I'm gonna try a 14x or 15 x to see just how high they can go.


----------



## trog100 (Mar 13, 2008)

i recon with a 12 x multiplier and enough (if u dare) volts 5 gig.. he he he

trog


----------



## trt740 (Mar 13, 2008)

trog100 said:


> i recon with a 12 x multiplier and enough (if u dare) volts 5 gig.. he he he
> 
> trog



I have zero balls to try my cpu is a oem with only a 30 day warranty. I can tell with these chips a slight tweak and they will do 4.4ghz prime stable. The new stepping is gonna be AMDs demise.


----------



## Wile E (Mar 14, 2008)

Got your pm Tom. What benches you want to see? I haven't run anything but 06 so far.
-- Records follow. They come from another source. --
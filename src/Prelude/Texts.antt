-- ===== src/Prelude/Texts.antt =====
-- Equality and order of texts: `==` and `<` of std::string.
use Prim.Native.String.{String, compare}
use mathlib.Core.Bool.{Bool}
use text.Mathlib.Text
use text.Mathlib.Text.{is_lt}

abbrev pub same : String → String → Bool
same s t = Text.◌==◌ s t

abbrev pub precedes : String → String → Bool
precedes s t = is_lt (compare s t)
Oh, and I just wanted to mention that my thermal sensors are useless as well. Meh, I got the Retail warranty, so I don't really give a crap what the temps are anyway. lol.


----------



## trt740 (Mar 14, 2008)

Wile E said:


> Got your pm Tom. What benches you want to see? I haven't run anything but 06 so far.
> 
> Oh, and I just wanted to mention that my thermal sensors are useless as well. Meh, I got the Retail warranty, so I don't really give a crap what the temps are anyway. lol.



try your chip with a 12x and 15x multiplier


----------



## Wile E (Mar 14, 2008)

trt740 said:


> try your chip with a 12x and 15x multiplier



Any particular speeds in mind?


----------



## trt740 (Mar 14, 2008)

*try this setting and tell me your temps*



Wile E said:


> Any particular speeds in mind?










 it should prime 24/7


----------



## trt740 (Mar 14, 2008)

*Also post your lowest prime stable default clock voltage.*

if ya don't mind any your FPO/batch number


----------



## Wile E (Mar 15, 2008)

Man you're really into this, aren't you? You must really love this chip. lol.

Anyway, I'll get to all of that for you, but it will have to be spread out over the next couple of days. Time is at a premium right now, between work and some stuff I need to get done around the house.

Where do I find the fpo and batch numbers?


----------



## DOM (Mar 15, 2008)

should be on the box the big sticker


----------



## Wile E (Mar 15, 2008)

DOM_ATI_X800XL_PCI-E said:


> should be on the box the big sticker



Damn, the woman "put it away" somewhere. Gotta track that thing down. lol.


----------



## trt740 (Mar 15, 2008)

Wile E said:


> Man you're really into this, aren't you? You must really love this chip. lol.
> 
> Anyway, I'll get to all of that for you, but it will have to be spread out over the next couple of days. Time is at a premium right now, between work and some stuff I need to get done around the house.
> 
> Where do I find the fpo and batch numbers?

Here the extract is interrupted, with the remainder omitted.